It's not too late to jump on the bandwagon. That's what analysts are saying about shares in South Korea's top car maker, Hyundai Motor Co, which they say are cheap compared with foreign rivals amid booming exports and an expected rebound in domestic sales.
Hyundai shares, which outpaced the Seoul market's 29 percent gain last year with an 82 percent jump, hit a 20-month high this week.
But even at these levels, many analysts say Hyundai Motor is their top pick of the year.
"Clearly, Hyundai has a lot of growth potential and is a big liquid stock, which is something investors like," Goldman Sachs analyst Rajeev Das said. Hyundai Motor is the country's seventh biggest stock with a market value of $9.9 billion.
"The recovery of domestic sales - more profitable due to higher margins - would be the main theme for the year."
Some analysts do, however, lace their views with caution in case an escalating crisis in South Korea's ailing credit card sector delays a much-anticipated revival in consumer spending and puts Hyundai's ambitious sales target this year out of reach.
Hyundai's exports soared 21.9 percent last year, making up for weak domestic sales hit by a government crackdown on consumer debt and an uncertain economic outlook.
Hyundai Motor has targeted sales of 2.145 million vehicles worth 31 trillion won ($26 billion) for 2004, up 13 percent from 2003. It expects a rise of 10 percent or more in exports and plans to launch two or three new models.
It plans to increase investment 36 percent to 3.17 trillion won to expand its line-up and meet rising demand.
Hyundai's China venture, which began production in December 2002, expects to triple sales to 150,000 units this year.

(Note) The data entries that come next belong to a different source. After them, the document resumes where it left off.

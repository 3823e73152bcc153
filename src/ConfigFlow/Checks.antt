-- ===== src/ConfigFlow/Checks.antt =====
-- Which tokens the forms of config_flow.py check with the gateway. A check takes over the connection
-- of the entry that runs on the token.
use staykey_ha_plugin.Prelude.{
  String, ◌≡◌, ◌≢◌, inl, inr, refl, Option, none, some, false, List, [], ◌∷◌, All, ◌==◌, eq_iff,
  arith, Bool-cases, Option-cases,
}
use staykey_ha_plugin.Python.Value.{Fields}
use staykey_ha_plugin.Gateway.Auth.{
  Outcome, auth_ok, auth_invalid, auth_integration_disabled, auth_cannot_connect,
}
use staykey_ha_plugin.ConfigFlow.Entries.{
  ConfigEntry, url_key, default_url, chosen, current_token, token_in_use_elsewhere,
}
use staykey_ha_plugin.ConfigFlow.{
  typed_token, user_url, checked_user, checked_reauth, step_user, step_reauth_confirm,
}

-- No entry runs on the token.
abbrev pub IsFree : List ConfigEntry → String → Type 0
IsFree es token = All (λ e. current_token e ≢ token) es

-- An ID names one entry.
abbrev pub IsOnly : List ConfigEntry → ConfigEntry → Type 0
IsOnly es entry = All (λ e. e.entry_id ≡ entry.entry_id → current_token e ≡ current_token entry) es

not_in_use-IsFree :
    (es : List ConfigEntry) (token : String)
    → token_in_use_elsewhere es token none ≡ false
    → IsFree es token
unfolding token_in_use_elsewhere
not_in_use-IsFree [] token free = tt
not_in_use-IsFree (e ∷ es) token free =
    (ground (arith, eq_iff (current_token e) token), not_in_use-IsFree es token (ground arith))

not_elsewhere-IsFree :
    (es : List ConfigEntry) (token : String) (entry : ConfigEntry)
    → token ≢ current_token entry
    → token_in_use_elsewhere es token (some entry.entry_id) ≡ false
    → IsOnly es entry
    → IsFree es token
unfolding token_in_use_elsewhere
not_elsewhere-IsFree [] token entry other free only = tt
not_elsewhere-IsFree (e ∷ es) token entry other free (same, only) = (
  ground (arith, eq_iff (current_token e) token, eq_iff entry.entry_id e.entry_id, same, other),
  not_elsewhere-IsFree es token entry other (ground (arith, eq_iff entry.entry_id e.entry_id)) only,
)

module _ {S : Type 0} (entries : S → List ConfigEntry)
    (set_unique_id : String → S → Option String × S)
    (probe : String → String → S → Outcome × S) where
  checked_user-state :
      (input : Fields) (token : String) (s : S) (o : Outcome)
      → (probe (user_url input) token s).0 ≡ o
      → (checked_user entries set_unique_id probe input token s).1
        ≡ (probe (user_url input) token s).1
  unfolding checked_user
  checked_user-state input token s auth_ok e = rw (e, checked_user)
  checked_user-state input token s auth_invalid e = rw (e, checked_user)
  checked_user-state input token s auth_integration_disabled e = rw (e, checked_user)
  checked_user-state input token s auth_cannot_connect e = rw (e, checked_user)

  checked_reauth-state :
      (entry : ConfigEntry) (input : Fields) (token : String) (s : S) (o : Outcome)
      → (probe (chosen url_key default_url entry.options entry.setup) token s).0 ≡ o
      → (checked_reauth entries set_unique_id probe entry input token s).1
        ≡ (probe (chosen url_key default_url entry.options entry.setup) token s).1
  unfolding checked_reauth
  checked_reauth-state entry input token s auth_ok e = rw (e, checked_reauth)
  checked_reauth-state entry input token s auth_invalid e = rw (e, checked_reauth)
  checked_reauth-state entry input token s auth_integration_disabled e = rw (e, checked_reauth)
  checked_reauth-state entry input token s auth_cannot_connect e = rw (e, checked_reauth)

  module _ (Q : S → Type 0)
      (checks : (url token : String) (s : S)
        → token ≢ ""
        → IsFree (entries s) token
        → Q s
        → Q (probe url token s).1) where
    -- Whatever checks of tokens that no entry runs on keep true, the form that sets up an entry keeps.
    pub step_user-keeps :
        ((token : String) (s : S) → Q s → Q (set_unique_id token s).1)
        → (input : Option Fields) (s : S) → Q s
        → Q (step_user entries set_unique_id probe input s).1
    unfolding step_user
    step_user-keeps sets none s q = q
    step_user-keeps sets (some input) s q =
        let token = typed_token input in
        let s' = (set_unique_id token s).1 in
        elim (Bool-cases (token == "")) [
          | inl blank ↦ rw blank q
          | inr text ↦ elim (Option-cases (set_unique_id token s).0) [
            | inr (reason, stop) ↦ rw (text, stop) (sets token s q)
            | inl go ↦ elim (Bool-cases (token_in_use_elsewhere (entries s') token none)) [
              | inl taken ↦ rw (text, go, taken) (sets token s q)
              | inr free ↦
                  rw
                    (
                      text,
                      go,
                      free,
                      checked_user-state input token s' (probe (user_url input) token s').0 refl,
                    )
                    (checks (user_url input) token s' (λ e. cc ((eq_iff token "").1 e))
                      (not_in_use-IsFree (entries s') token free) (sets token s q))
            ]
          ]
        ]

    -- Whatever checks of tokens that no entry runs on keep true, the form that replaces the token of an
    -- entry keeps, if the ID of the entry names it only.
    step_reauth_confirm-keeps :
        (entry : ConfigEntry) (input : Option Fields) (s : S)
        → IsOnly (entries s) entry
        → Q s
        → Q (step_reauth_confirm entries set_unique_id probe entry input s).1
    unfolding step_reauth_confirm
    step_reauth_confirm-keeps entry none s only q = q
    step_reauth_confirm-keeps entry (some input) s only q =
        let token = typed_token input in
        let url = chosen url_key default_url entry.options entry.setup in
        elim (Bool-cases (token == "")) [
          | inl blank ↦ rw blank q
          | inr text ↦ elim (Bool-cases (token == current_token entry)) [
            | inl same ↦ rw (text, same) q
            | inr other ↦
                elim (Bool-cases (token_in_use_elsewhere (entries s) token (some entry.entry_id))) [
                  | inl taken ↦ rw (text, other, taken) q
                  | inr free ↦
                      rw
                        (
                          text,
                          other,
                          free,
                          checked_reauth-state entry input token s (probe url token s).0 refl,
                        )
                        (checks url token s (λ e. cc ((eq_iff token "").1 e))
                          (not_elsewhere-IsFree (entries s) token entry
                            (λ e. cc ((eq_iff token (current_token entry)).1 e)) free only)
                          q)
                ]
          ]
        ]
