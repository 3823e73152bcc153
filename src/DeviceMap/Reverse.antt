-- ===== src/DeviceMap/Reverse.antt =====
-- The two directions of the device map agree (device_map.py).
use staykey_ha_plugin.Prelude.{
  String, ◌≡◌, ◌≢◌, Option, none, some, ◌==◌, eq_iff, arith, Option-cases, if◌then◌else◌, inl, inr,
}
use staykey_ha_plugin.Python.Dict.{Dict, lookup, erase, lookup-insert, lookup-erase}
use staykey_ha_plugin.DeviceMap.{
  text, or_empty, Device, DeviceMap, insert_truthy, erase_truthy, add_known, remove_found,
  remove_device, update_entity_id,
}

abbrev pub non_empty : String → Option String
non_empty s = if s == "" then none else some s

-- The entity that a device's entry names, if it names one.
abbrev pub named : Option Device → Option String
named none = none
named (some info) = non_empty (or_empty info.external_id)

abbrev pub entity_of : DeviceMap → String → Option String
entity_of m d = named (lookup d m.forward)

-- An entity is only listed for a device whose entry names it.
pub record IsSound (m : DeviceMap) : Type 0 where
  pub listed : (e d : String) → lookup e m.reverse ≡ some d → entity_of m d ≡ some e

-- And it is listed for every device whose entry names it.
pub record IsExact (m : DeviceMap) : Type 0 where
  pub sound : IsSound m
  pub complete : (e d : String) → entity_of m d ≡ some e → lookup e m.reverse ≡ some d

pub lookup-insert_truthy :
    (k j v : String) (d : Dict String)
    → lookup j (insert_truthy k v d)
      ≡ (if k == "" then lookup j d else if k == j then some v else lookup j d)
lookup-insert_truthy k j v d = ground (arith, lookup-insert k j v d)

lookup-erase_truthy :
    (k j : String) (d : Dict String)
    → lookup j (erase_truthy k d)
      ≡ (if k == "" then lookup j d else if k == j then none else lookup j d)
lookup-erase_truthy k j d = ground (arith, lookup-erase k j d)

module _ (i : String) (m : DeviceMap) where
  -- Removing a device, known or not, keeps every listed entity right.
  pub remove_device-IsSound : IsSound m → IsSound (remove_device i m)
  unfolding remove_device
  remove_device-IsSound h = elim (Option-cases (lookup i m.forward)) [
    | inl unknown ↦ rw (unknown, remove_found) h
    | inr (info, found) ↦
        rw (found, remove_found)
          (record {
            listed = λ e d p. ground (
              arith,
              found,
              lookup-erase i d m.forward,
              lookup-erase_truthy (or_empty info.external_id) e m.reverse,
              h.listed e d,
              eq_iff i d,
              eq_iff (or_empty info.external_id) e,
            );
          })
  ]

  -- Removing a device, known or not, keeps the two directions in agreement.
  remove_device-IsExact : IsExact m → IsExact (remove_device i m)
  unfolding remove_device
  remove_device-IsExact h = elim (Option-cases (lookup i m.forward)) [
    | inl unknown ↦ rw (unknown, remove_found) h
    | inr (info, found) ↦ record {
      sound = remove_device-IsSound h.sound;
      complete = λ e d.
          rw (found, remove_found)
            λ p. ground (
              arith,
              found,
              lookup-erase i d m.forward,
              lookup-erase_truthy (or_empty info.external_id) e m.reverse,
              h.complete e d,
              h.complete (or_empty info.external_id) i,
              eq_iff i d,
              eq_iff (or_empty info.external_id) e,
            );
    }
  ]

  module _ (device : Device) where
    -- Adding a device under an ID that the map does not know.
    pub add_known-IsSound : lookup i m.forward ≡ none → IsSound m → IsSound (add_known i device m)
    unfolding add_known
    add_known-IsSound fresh h = record {
      listed = λ e d p. ground (
        arith,
        fresh,
        lookup-insert i d device m.forward,
        lookup-insert_truthy (or_empty device.external_id) e i m.reverse,
        h.listed e d,
        eq_iff i d,
        eq_iff (or_empty device.external_id) e,
      );
    }

    -- Adding a device under an ID that the map does not know, for an entity that no device has.
    pub add_known-IsExact :
        lookup i m.forward ≡ none
        → lookup (or_empty device.external_id) m.reverse ≡ none
        → IsExact m
        → IsExact (add_known i device m)
    unfolding add_known
    add_known-IsExact fresh untracked h = record {
      sound = add_known-IsSound fresh h.sound;
      complete = λ e d p. ground (
        arith,
        fresh,
        untracked,
        lookup-insert i d device m.forward,
        lookup-insert_truthy (or_empty device.external_id) e i m.reverse,
        h.complete e d,
        eq_iff i d,
        eq_iff (or_empty device.external_id) e,
      );
    }

  -- Renaming a device's entity, when the old name is the one that its entry has, or both are empty.
  pub update_entity_id-IsSound :
      (old to : String)
      → to ≢ ""
      → entity_of m i ≡ non_empty old
      → IsSound m
      → IsSound (update_entity_id i old to m)
  unfolding update_entity_id
  update_entity_id-IsSound old to real current h = elim (Option-cases (lookup i m.forward)) [
    | inl unknown ↦ rw (unknown, update_entity_id) h
    | inr (info, found) ↦
        rw (found, update_entity_id)
          (record {
            listed = λ e d p. ground (
              arith,
              found,
              lookup-insert i d (record info { external_id = text to }) m.forward,
              lookup-insert to e i (erase old m.reverse),
              lookup-erase old e m.reverse,
              h.listed e d,
              eq_iff i d,
              eq_iff to e,
              eq_iff old e,
              eq_iff to "",
            );
          })
  ]

  -- The same, and to a name that no device has: the two directions still agree.
  update_entity_id-IsExact :
      (old to : String)
      → to ≢ ""
      → entity_of m i ≡ non_empty old
      → lookup to m.reverse ≡ none
      → IsExact m
      → IsExact (update_entity_id i old to m)
  unfolding update_entity_id
  update_entity_id-IsExact old to real current untracked h =
      elim (Option-cases (lookup i m.forward)) [
        | inl unknown ↦ rw (unknown, update_entity_id) h
        | inr (info, found) ↦ record {
          sound = update_entity_id-IsSound old to real current h.sound;
          complete = λ e d.
              rw (found, update_entity_id)
                λ p. ground (
                  arith,
                  found,
                  lookup-insert i d (record info { external_id = text to }) m.forward,
                  lookup-insert to e i (erase old m.reverse),
                  lookup-erase old e m.reverse,
                  h.complete e d,
                  h.complete old i,
                  eq_iff i d,
                  eq_iff to e,
                  eq_iff old e,
                  eq_iff to "",
                );
        }
      ]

"China is a great market to exploit. Given the market's dynamics, they should see a huge volume growth, partly because they are starting with a low base and they are introducing a smaller new car model this year," Goldman's Das said.
In the US market, where Hyundai ranks seventh with a 2.4 percent share, it sold more than 400,000 vehicles for the first time since its US foray 17 years ago. It became the fourth foreign car maker to meet this target after Toyota Motor Corp, Honda Motor Co and Nissan Motor co.
Hyundai has gained popularity in overseas markets on improved quality and long warranties. A weak brand, after building low-end cars for decades, remains its Achilles heel.
Most analysts bank on a turnaround in domestic sales to power Hyundai's earnings this year, with Morgan Stanley expecting an 11 percent rise, but some are sceptical.
"Things largely hinge on how troubles in the credit card firms pans out," Song Sang-hoon, a Hyundai Securities' analyst said. "Consumers are not free to spend just yet."
Some also reckon competition in the US market would become tougher as General Motors Corp and others launch new models. Kim Hag-ju, an analyst at Samsung Securities, points to growing inventories overseas as a hurdle to export growth.
Still, Hyundai is a better bet than its global peers due to its growth potential and its cheap share price, analysts say.
Hyundai, which has 48 percent of South Korea's 20 trillion won domestic market, is trading at 1.6 times its earnings before interest, tax, depreciation and amortisation, compared with 4.7 times for Toyota and 4.3 times for Honda.